= ASSIGNED TASK =
Among the lines below, copy exactly those from the one with "pub mod Track" through the one with "be32 m p = rev32 (load32 m p)", counting both ends.

(PROVIDED DATA begins)

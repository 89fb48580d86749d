-- ===== src/Amiga.antt =====
-- src/amiga.c: AmigaDOS tracks. The buffers are in memory, and a long word of a track is read and
-- written big-endian.
pub mod Write
pub mod Read
pub mod Cells
pub mod Long
pub mod Swap
pub mod Checksum
pub mod Block
pub mod Sector
pub mod Decode
pub mod Track
mod Tests
use flashfloppy_testbed.Prelude.{
  ℕ, zero, suc, ◌+◌, ◌-◌, ◌*◌, ◌/◌, ◌%◌, ◌^◌, List, [], ◌∷◌, bit_and, bit_or, bit_xor,
}
use flashfloppy_testbed.Mem.{Mem, u32}
use flashfloppy_testbed.Util.Memory.{load32}
use flashfloppy_testbed.Mfm.{rev32}

-- `be32toh(*p)`
unfoldable pub be32 : Mem → ℕ → ℕ
be32 m p = rev32 (load32 m p)

-- The data bits of a long word.
abbrev pub data_mask : ℕ
data_mask = 0x55555555

-- `_amigados_checksum`, `csum` being what the longs before gave
unfoldable pub checksum_loop : Mem → ℕ → ℕ → ℕ → ℕ
checksum_loop m p csum zero = csum
checksum_loop m p csum (suc longs) = checksum_loop m (p + 4) (bit_xor csum (be32 m p)) longs

unfoldable pub amigados_checksum : Mem → ℕ → ℕ → ℕ
unfolding checksum_loop
amigados_checksum m dat longs = checksum_loop m dat 0 longs

unfoldable pub amigados_mfm_checksum : Mem → ℕ → ℕ → ℕ
amigados_mfm_checksum m dat longs = bit_and (amigados_checksum m dat longs) data_mask

unfoldable pub amigados_dat_checksum : Mem → ℕ → ℕ → ℕ
amigados_dat_checksum m dat nr =
    let csum = amigados_checksum m dat (nr / 4) in bit_and (bit_xor csum (csum / 2)) data_mask

-- `even` and `odd`
unfoldable pub even : ℕ → ℕ
even x = x / 2

unfoldable pub odd : ℕ → ℕ
odd x = x

-- `((p & 0x55555555) << 1) | (q & 0x55555555)`
unfoldable pub join : ℕ → ℕ → ℕ
join p q = bit_or (u32 (bit_and p data_mask * 2)) (bit_and q data_mask)

unfoldable pub get_long : Mem → ℕ → ℕ
get_long m p = rev32 (join (load32 m p) (load32 m (p + 4)))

(PROVIDED DATA ends)

= ANSWER SPACE =
pub mod Track
mod Tests
use flashfloppy_testbed.Prelude.{
  ℕ, zero, suc, ◌+◌, ◌-◌, ◌*◌, ◌/◌, ◌%◌, ◌^◌, List, [], ◌∷◌, bit_and, bit_or, bit_xor,
}
use flashfloppy_testbed.Mem.{Mem, u32}
use flashfloppy_testbed.Util.Memory.{load32}
use flashfloppy_testbed.Mfm.{rev32}

-- `be32toh(*p)`
unfoldable pub be32 : Mem → ℕ → ℕ
be32 m p = rev32 (load32 m p)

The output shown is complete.